# wonderful silicone glue pot and brushes



## turntable (Jul 21, 2021)

you all probably know this but i am just so happy to have found these lovely little silicone glue pots and brushes -- they might be sold elsewhere idk but there might be a fellow newbie who hasn't seen them though -- i think i can post a link but i don't want to blow it so if interested, go to the rockler site and search for silicone brushes -- that will bring up the handy dandy glue pot too --

i do a lot of ticklish gluing of different fabrics and materials onto very narrow edges (on cigar boxes) where the glue job has to be muy secure and pristine -- then lids don't close right and i have to sand off the excess and re-paint -- so i can't wait for these to arrive! 

carpenter's glue just dries up on the bristles and it just peels off if you don't get it washed off in time -- plus some clever small application brushes --

best to y'all ~


----------



## Tool Agnostic (Aug 13, 2017)

I like and use Rockler's glue brushes and other related glue products. Wood glues just peel off, so they can be reused over and over. Other glues vary, see my comments below. Here are a few links to the Rockler glue products that my spouse and I like and use:
https://www.rockler.com/rockler-3-piece-silicone-glue-application-kit
https://www.rockler.com/rockler-silicone-glue-brush
https://www.rockler.com/rockler-silicone-mini-glue-brush-2-pack
https://www.rockler.com/rockler-silicone-micro-glue-brush-set

Good Comments:

I thought that they were exclusive to Rockler, but they are not. You can find many third-party, similar silicone glue trays, brushes, etc. at Woodcraft, on Amazon, and from many other sources. Prices for similar products can be lower than Rockler prices, too. (Search for "sili brush" on Amazon.)
Those silicone products work best with PVA and AR wood glues, such as Titebond Original, Titebond II, III, and other common white and wood glues. Those glues will rinse off with water, or simply let them dry on the brushes and trays, and they peel off or pull off the bristles easily.
Cautions/Warnings:

Do NOT mix epoxy in those trays and holders. While dried epoxy seems to come off well, any unmixed parts (resin or catalyst) will behave like the stickiest tar and will not come off easily. There will be unmixed parts around the edges of your epoxy puddle, and they will be sticky and gummy like the worst kind of tar.
Do NOT use those silicone trays and brushes with CA glue (superglue) or Gorilla Clear (a silane-based glue) glue. I used a brush with Gorilla Clear once, and it left clear, dried droplets on the end of each brush bristle that could not be removed. The complete bristle will brake off at the back before the droplet could be pinched and pulled off the tip. The droplets stick so well that you can't pull them off.


----------



## turntable (Jul 21, 2021)

thank you, tool agnostic -- great information!
I'm going to look it up any minute but do know off hand if mod podge is ok? that and carpenter glue are my top two glues --


----------



## turntable (Jul 21, 2021)

I hit post too soon -- here's the link for the glue pot and it says it's exclusive to rocker 








Rockler Silicone Glue Keeper


Neat, precise glue application from a stable, compact container that's exceptionally easy to clean—great for mixing epoxy.




www.rockler.com


----------



## Tool Agnostic (Aug 13, 2017)

turntable said:


> I hit post too soon -- here's the link for the glue pot and it says it's exclusive to rocker
> https://www.rockler.com/rockler-silicone-glue-keeper


There are several woodworking stores in my general area, but Rockler is the most convenient, so I buy stuff there. I prefer to buy local and avoid shipping costs when I can. Shipping costs add up.

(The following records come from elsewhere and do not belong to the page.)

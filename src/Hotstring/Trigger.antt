-- ===== src/Hotstring/Trigger.antt =====
-- `AhkParser::split_utf8` and `AhkParser::parse_trigger_expr`. The keys of a trigger come first in
-- the pair, its modifiers second.
use ahk_unix.Base.{
  ℕ, zero, suc, ◌/◌, Bool, false, List, [], ◌∷◌, none, some, ltb, ◌==◌, if◌then◌else◌, Bytes,
  is_empty, length, take, drop, Result, ok, err, Error, ◌>>=◌, throw, catch,
}
use ahk_unix.Text.Trim.{trim}
use ahk_unix.Text.Find.{split_at}
use ahk_unix.Layout.{Table, key_for_utf8_char, parse_special_key, parse_modifier_key}

-- The length that the first byte of a character announces: (c & 0xE0) == 0xC0, (c & 0xF0) == 0xE0
-- and (c & 0xF8) == 0xF0 compare the high bits of a byte.
unfoldable pub utf8_length : ℕ → ℕ
utf8_length c = if c / 32 == 6 then 2 else if c / 16 == 14 then 3 else if c / 8 == 30 then 4 else 1

unfoldable pub split_loop : ℕ → Bytes → Result (List Bytes)
unfolding utf8_length
split_loop zero s = err Error.out_of_fuel
split_loop (suc f) [] = ok []
split_loop (suc f) (c ∷ s) =
    let len = utf8_length c in
    let rest = do out ← split_loop f (drop len (c ∷ s)); ok (take len (c ∷ s) ∷ out)
    in if ltb (length (c ∷ s)) len then throw "invalid UTF-8 in trigger" [] else rest

unfoldable pub split_utf8 : Bytes → Result (List Bytes)
split_utf8 s = split_loop (suc (length s)) s

-- The keys of the characters of `expr`, one after another.
unfoldable pub keys_of : Table → Bytes → List Bytes → Result (List ℕ)
keys_of layout expr [] = ok []
keys_of layout expr (ch ∷ chars) = do
  key ← catch (key_for_utf8_char layout ch) (throw "cannot parse trigger: " expr)
  keys ← keys_of layout expr chars
  ok (key ∷ keys)

-- The modifier before `&`, if it is one: what it throws is swallowed.
unfoldable pub modifiers_of : Bytes → Result (List ℕ)
modifiers_of mod_part =
    if is_empty mod_part
    then ok []
    else catch (do key ← parse_modifier_key mod_part; ok (key ∷ [])) (ok [])

unfoldable pub is_ascii_char : Bytes → Bool
is_ascii_char (c ∷ []) = ltb c 128
is_ascii_char _ = false

-- The part of `parse_trigger_expr` behind the modifier syntax.
unfoldable pub parse_keys : Table → Bytes → Result (List ℕ)
parse_keys layout expr =
    catch (do key ← parse_special_key expr; ok (key ∷ []))
      (do chars ← split_utf8 expr; keys_of layout expr chars)

unfoldable pub trigger_loop : ℕ → Table → Bytes → Result (List ℕ × List ℕ)
trigger_loop zero layout expr = err Error.out_of_fuel
trigger_loop (suc f) layout expr = elim (split_at b'&' expr) [
  | none ↦ do keys ← parse_keys layout expr; ok (keys, [])
  | some (before, after) ↦
      let key_part = trim after in
      let nested = trigger_loop f layout key_part in
      do
        modifiers ← modifiers_of (trim before)
        keys ←
            catch (do key ← parse_special_key key_part; ok (key ∷ []))
              (if is_ascii_char key_part
                then catch (do key ← key_for_utf8_char layout key_part; ok (key ∷ []))
                    (throw "cannot parse key after &: " key_part)
                else (do (keys, _) ← nested; ok keys))
        ok (keys, modifiers)
]

unfoldable pub parse_trigger_expr : Table → Bytes → Result (List ℕ × List ℕ)
parse_trigger_expr layout expr = trigger_loop (suc (length expr)) layout expr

Another Rockler product that I like are their silicone mats. Rockler may call them "exclusive", but you can find many similar silicone mats from other sources that do the exact same job. Save money and buy the ones used for baking and cooking.

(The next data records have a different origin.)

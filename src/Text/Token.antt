-- ===== src/Text/Token.antt =====
-- The scan that `AhkParser::parse_replacement` and `SendInputCommand::parse_sequence` share: text up
-- to the next `{`, and a command up to the next `}`.
use ahk_unix.Base.{
  ◌<◌, ◌∷◌, ◌++◌, ◌≡◌, refl, ap, ◌∙◌, Option, none, some, arith, Bytes, length, ◌⊎◌, inl, inr,
}
use ahk_unix.Text.Find.{
  split_at, Lacks, split_at-eq-some, split_at-append, split_at-Lacks, length-split_at,
  Lacks-split_at,
}

pub data Scan : Type 0 where
  plain : Scan
  unterminated : Scan
  token : Bytes → Bytes → Bytes → Scan

-- `plain`: there is no `{`. `token before cmd next`: the texts between and behind the brackets.
unfoldable pub scan : Bytes → Scan
scan rest = elim (split_at b'{' rest) [
  | none ↦ plain
  | some (before, after) ↦ elim (split_at b'}' after) [
    | none ↦ unterminated
    | some (cmd, next) ↦ token before cmd next
  ]
]

-- What a scan says of the text.
abbrev pub Scanned : Bytes → Scan → Type 0
Scanned rest plain = Lacks b'{' rest
Scanned rest unterminated =
    (before after : Bytes) × (rest ≡ before ++ b'{' ∷ after) × Lacks b'{' before × Lacks b'}' after
Scanned rest (token before cmd next) =
    (rest ≡ before ++ b'{' ∷ (cmd ++ b'}' ∷ next))
    × Lacks b'{' before
    × Lacks b'}' cmd
    × (length next < length rest)

scan_after :
    (rest before after : Bytes)
    → split_at b'{' rest ≡ some (before, after)
    → Scanned rest (elim (split_at b'}' after) [
      | none ↦ unterminated
      | some (cmd, next) ↦ token before cmd next
    ])
scan_after rest before after e = go (split_at b'}' after) refl
  where
    opened : (rest ≡ before ++ b'{' ∷ after) × Lacks b'{' before
    opened = split_at-eq-some b'{' rest e

    go :
        (o : Option (Bytes × Bytes))
        → split_at b'}' after ≡ o
        → Scanned rest (elim o [ none ↦ unterminated | some (cmd, next) ↦ token before cmd next ])
    go none t = (before, after, opened.0, opened.1, Lacks-split_at b'}' after t)
    go (some (cmd, next)) t =
        let (split, lacks) = split_at-eq-some b'}' after t in
        (
          opened.0 ∙ ap (λ r. before ++ b'{' ∷ r) split,
          opened.1,
          lacks,
          omega (arith, length-split_at b'{' rest e, length-split_at b'}' after t),
        )

pub scan_lem : (rest : Bytes) → Scanned rest (scan rest)
unfolding scan
scan_lem rest = go (split_at b'{' rest) refl
  where
    go :
        (o : Option (Bytes × Bytes))
        → split_at b'{' rest ≡ o
        → Scanned rest (elim o [
          | none ↦ plain
          | some (before, after) ↦ elim (split_at b'}' after) [
            | none ↦ unterminated
            | some (cmd, next) ↦ token before cmd next
          ]
        ])
    go none e = Lacks-split_at b'{' rest e
    go (some (before, after)) e = scan_after rest before after e

pub scan_plain : (rest : Bytes) → Lacks b'{' rest → scan rest ≡ plain
unfolding scan
scan_plain rest h = ground (arith, split_at-Lacks b'{' rest h)

pub scan_token :
    (before cmd next : Bytes)
    → Lacks b'{' before
    → Lacks b'}' cmd
    → scan (before ++ b'{' ∷ (cmd ++ b'}' ∷ next)) ≡ token before cmd next
unfolding scan
scan_token before cmd next h k =
    ground
      (arith, split_at-append b'{' before (cmd ++ b'}' ∷ next) h, split_at-append b'}' cmd next k)

-- A text without a `}` and with a `{` is unterminated.
pub scan_unterminated :
    (before after : Bytes)
    → Lacks b'{' before
    → Lacks b'}' after
    → scan (before ++ b'{' ∷ after) ≡ unterminated
unfolding scan
scan_unterminated before after h k =
    ground (arith, split_at-append b'{' before after h, split_at-Lacks b'}' after k)

-- The scan of a text, with what it says.
pub scan_cases :
    (rest : Bytes)
    → ((scan rest ≡ plain) × Lacks b'{' rest)
      ⊎ (scan rest ≡ unterminated)
      ⊎ ((before cmd next : Bytes) × (scan rest ≡ token before cmd next)
          × (rest ≡ before ++ b'{' ∷ (cmd ++ b'}' ∷ next))
          × Lacks b'{' before
          × Lacks b'}' cmd
          × (length next < length rest))
scan_cases rest = go (scan rest) refl (scan_lem rest)
  where
    go :
        (s : Scan)
        → scan rest ≡ s
        → Scanned rest s
        → ((scan rest ≡ plain) × Lacks b'{' rest)
          ⊎ (scan rest ≡ unterminated)
          ⊎ ((before cmd next : Bytes) × (scan rest ≡ token before cmd next)
              × (rest ≡ before ++ b'{' ∷ (cmd ++ b'}' ∷ next))
              × Lacks b'{' before
              × Lacks b'}' cmd
              × (length next < length rest))
    go plain e h = inl (e, h)
    go unterminated e h = inr (inl e)
    go (token before cmd next) e h = inr (inr (before, cmd, next, e, h.0, h.1, h.2, h.3))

Even though Rockler calls them "exclusive", I have found many exclusive Rockler products elsewhere. Perhaps they were exclusive at one time, and Rockler forgot to remove the "exclusive" label from their website. Perhaps what makes them exclusive is finding the product in the official Rockler "blue" color. Other people have the same thing in red or orange, for example, but can't sell the blue ones. Stuff like that.


----------



## turntable (Jul 21, 2021)

go


Tool Agnostic said:


> There are several woodworking stores in my general area, but Rockler is the most convenient, so I buy stuff there. I prefer to buy local and avoid shipping costs when I can. Shipping costs add up.
> 
> Another Rockler product that I like are their silicone mats. Rockler may call them "exclusive", but you can find many similar silicone mats from other sources that do the exact same job. Save money and buy the ones used for baking and cooking.
> 
> Even though Rockler calls them "exclusive", I have found many exclusive Rockler products elsewhere. Perhaps they were exclusive at one time, and Rockler forgot to remove the "exclusive" label from their website. Perhaps what makes them excessive is finding the product in the official Rockler "blue" color. Other people have the same thing in red or orange, for example, but can't sell the blue ones. Stuff like that.



gotcha, thanks for the tip on the silicone mats too -- money saving is my favorite 

best to you


----------



## Bob Bengal (Jan 2, 2021)

For Titebond III I like these generic horse hair brushes: https://www.amazon.com/gp/product/B01LXNQW9W/
When the glue is still wet they are easy to clean in water, if I forget and the glue dries they are cheap enough to throw away.


----------



## turntable (Jul 21, 2021)

Bob Bengal said:


> For Titebond III I like these generic horse hair brushes: https://www.amazon.com/gp/product/B01LXNQW9W/
> When the glue is still wet they are easy to clean in water, if I forget and the glue dries they are cheap enough to throw away.


_that's_ a good deal! 
i love pogo!! "spring loaded" 😂


----------



## TwelveFoot (Dec 30, 2015)

I got a silicone basting brush in the kitchen section of my local thrift store, works fine, but the "bristles" are longer than ideal.


----------



## turntable (Jul 21, 2021)

TwelveFoot said:


> I got a silicone basting brush in the kitchen section of my local thrift store, works fine, but the "bristles" are longer than ideal.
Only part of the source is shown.